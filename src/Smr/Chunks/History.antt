-- ===== src/Smr/Chunks/History.antt =====
-- What a write to a chunk table leaves alone: every chunk that was born before the generation.
use hi_perf_cmp.Prelude.{
  ℕ, ◌≤◌, ◌<◌, ◌≡◌, refl, ◌∙◌, Option, none, some, arith, ◌==◌, get_elem?, ◌/◌, ◌%◌, get_elem?-set,
  Bool-cases, inl, inr,
}
use hi_perf_cmp.Smr.Chunks.{
  Chunks, replace, copy_on_write, write_item, write_table, modify_at, modify,
}

-- From generation `gen` on, `d` may come after `c`: what was frozen in `c` is unchanged.
pub record IsLater {A : Type 0} (gen : ℕ) (c d : Chunks A) : Type 0 where
  pub grows : c.fresh ≤ d.fresh
  pub frozen : (a : ℕ) → a < c.fresh → (c.heap a).born < gen → d.heap a ≡ c.heap a

module _ {A : Type 0} where
  pub IsLater-refl : (gen : ℕ) (c : Chunks A) → IsLater gen c c
  IsLater-refl gen c = record { grows = omega arith; frozen = λ a h b. refl }

  pub IsLater-trans :
      {g h : ℕ} {c d e : Chunks A} → g ≤ h → IsLater g c d → IsLater h d e → IsLater g c e
  IsLater-trans le p q = record {
    grows = omega (arith, p.grows, q.grows);
    frozen = λ a lt b.
        q.frozen a (omega (arith, p.grows)) (rw (p.frozen a lt b) (omega arith)) ∙ p.frozen a lt b;
  }

  write_item-IsLater :
      (gen : ℕ) (c : Chunks A) (a off : ℕ) (f : A → A) {d : Chunks A}
      → gen ≤ (c.heap a).born
      → write_item c a off f ≡ some d
      → IsLater gen c d
  unfolding write_item
  write_item-IsLater gen c a off f h e = record {
    grows = ground arith;
    frozen = λ b lt old. ground arith;
  }

  copy_on_write-IsLater :
      (gen : ℕ) (c : Chunks A) (ci a : ℕ) → IsLater gen c (copy_on_write gen c ci a)
  unfolding copy_on_write replace
  copy_on_write-IsLater gen c ci a = record {
    grows = ground arith;
    frozen = λ b lt old. ground arith;
  }

  -- After the copy the table leads to a chunk of this generation.
  copied_is_new :
      (gen : ℕ) (c : Chunks A) (ci a : ℕ) {b : ℕ}
      → get_elem? c.table ci ≡ some a
      → get_elem? (copy_on_write gen c ci a).table ci ≡ some b
      → gen ≤ ((copy_on_write gen c ci a).heap b).born
  unfolding copy_on_write replace
  copied_is_new gen c ci a {b} h e = ground (arith, get_elem?-set c.table ci ci c.fresh h)

  write_table-IsLater :
      (gen : ℕ) (c : Chunks A) (o : Option ℕ) (off : ℕ) (f : A → A) {d : Chunks A}
      → ((a : ℕ) → o ≡ some a → gen ≤ (c.heap a).born)
      → write_table c o off f ≡ some d
      → IsLater gen c d
  unfolding write_table
  write_table-IsLater gen c none off f h e = cc
  write_table-IsLater gen c (some a) off f h e = write_item-IsLater gen c a off f (h a refl) e

  modify_at-IsLater :
      (gen : ℕ) (c : Chunks A) (o : Option ℕ) (ci off : ℕ) (f : A → A) {d : Chunks A}
      → get_elem? c.table ci ≡ o
      → modify_at gen c o ci off f ≡ some d
      → IsLater gen c d
  unfolding modify_at
  modify_at-IsLater gen c none ci off f h e = cc
  modify_at-IsLater gen c (some a) ci off f h e =
      IsLater-trans (omega arith) (copy_on_write-IsLater gen c ci a)
        (write_table-IsLater gen _ _ off f (λ b q. copied_is_new gen c ci a h q) e)

  pub modify-IsLater :
      (size gen : ℕ) (c : Chunks A) (i : ℕ) (f : A → A) {d : Chunks A}
      → modify size gen c i f ≡ some d
      → IsLater gen c d
  unfolding modify
  modify-IsLater size gen c i f e = elim (Bool-cases (size == 0)) [
    | inl h ↦ absurd (cc (rw h at e))
    | inr h ↦ modify_at-IsLater gen c _ (i / size) (i % size) f refl (rw h at e)
  ]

■ ■ ■ ■ ■ ■ ■

WHAT IS REQUIRED: When you reach the end of the data, retype all of it exactly.

RESPONSE TO THIS EXERCISE:
filename src/Smr/Chunks/History.antt
-- ===== src/Smr/Chunks/History.antt =====
-- What a write to a chunk table leaves alone: every chunk that was born before the generation.
use hi_perf_cmp.Prelude.{
  ℕ, ◌≤◌, ◌<◌, ◌≡◌, refl, ◌∙◌, Option, none, some, arith, ◌==◌, get_elem?, ◌/◌, ◌%◌, get_elem?-set,
  Bool-cases, inl, inr,
}
use hi_perf_cmp.Smr.Chunks.{
  Chunks, replace, copy_on_write, write_item, write_table, modify_at, modify,
}

-- From generation `gen` on, `d` may come after `c`: what was frozen in `c` is unchanged.
pub record IsLater {A : Type 0} (gen : ℕ) (c d : Chunks A) : Type 0 where
  pub grows : c.fresh ≤ d.fresh
  pub frozen : (a : ℕ) → a < c.fresh → (c.heap a).born < gen → d.heap a ≡ c.heap a

module _ {A : Type 0} where
  pub IsLater-refl : (gen : ℕ) (c : Chunks A) → IsLater gen c c
  IsLater-refl gen c = record { grows = omega arith; frozen = λ a h b. refl }

  pub IsLater-trans :
      {g h : ℕ} {c d e : Chunks A} → g ≤ h → IsLater g c d → IsLater h d e → IsLater g c e
  IsLater-trans le p q = record {
    grows = omega (arith, p.grows, q.grows);
    frozen = λ a lt b.
        q.frozen a (omega (arith, p.grows)) (rw (p.frozen a lt b) (omega arith)) ∙ p.frozen a lt b;
  }

  write_item-IsLater :
      (gen : ℕ) (c : Chunks A) (a off : ℕ) (f : A → A) {d : Chunks A}
      → gen ≤ (c.heap a).born
      → write_item c a off f ≡ some d
      → IsLater gen c d
  unfolding write_item
  write_item-IsLater gen c a off f h e = record {
    grows = ground arith;
    frozen = λ b lt old. ground arith;
  }

  copy_on_write-IsLater :
      (gen : ℕ) (c : Chunks A) (ci a : ℕ) → IsLater gen c (copy_on_write gen c ci a)
  unfolding copy_on_write replace
  copy_on_write-IsLater gen c ci a = record {
    grows = ground arith;
    frozen = λ b lt old. ground arith;
  }

  -- After the copy the table leads to a chunk of this generation.
  copied_is_new :
      (gen : ℕ) (c : Chunks A) (ci a : ℕ) {b : ℕ}
      → get_elem? c.table ci ≡ some a
      → get_elem? (copy_on_write gen c ci a).table ci ≡ some b
      → gen ≤ ((copy_on_write gen c ci a).heap b).born
  unfolding copy_on_write replace
  copied_is_new gen c ci a {b} h e = ground (arith, get_elem?-set c.table ci ci c.fresh h)

  write_table-IsLater :
      (gen : ℕ) (c : Chunks A) (o : Option ℕ) (off : ℕ) (f : A → A) {d : Chunks A}
      → ((a : ℕ) → o ≡ some a → gen ≤ (c.heap a).born)
      → write_table c o off f ≡ some d
      → IsLater gen c d
  unfolding write_table
  write_table-IsLater gen c none off f h e = cc
  write_table-IsLater gen c (some a) off f h e = write_item-IsLater gen c a off f (h a refl) e

  modify_at-IsLater :
      (gen : ℕ) (c : Chunks A) (o : Option ℕ) (ci off : ℕ) (f : A → A) {d : Chunks A}
      → get_elem? c.table ci ≡ o
      → modify_at gen c o ci off f ≡ some d
      → IsLater gen c d
  unfolding modify_at
  modify_at-IsLater gen c none ci off f h e = cc
  modify_at-IsLater gen c (some a) ci off f h e =
      IsLater-trans (omega arith) (copy_on_write-IsLater gen c ci a)
        (write_table-IsLater gen _ _ off f (λ b q. copied_is_new gen c ci a h q) e)

  pub modify-IsLater :
      (size gen : ℕ) (c : Chunks A) (i : ℕ) (f : A → A) {d : Chunks A}
      → modify size gen c i f ≡ some d
      → IsLater gen c d
  unfolding modify
  modify-IsLater size gen c i f e = elim (Bool-cases (size == 0)) [
    | inl h ↦ absurd (cc (rw h at e))
    | inr h ↦ modify_at-IsLater gen c _ (i / size) (i % size) f refl (rw h at e)
  ]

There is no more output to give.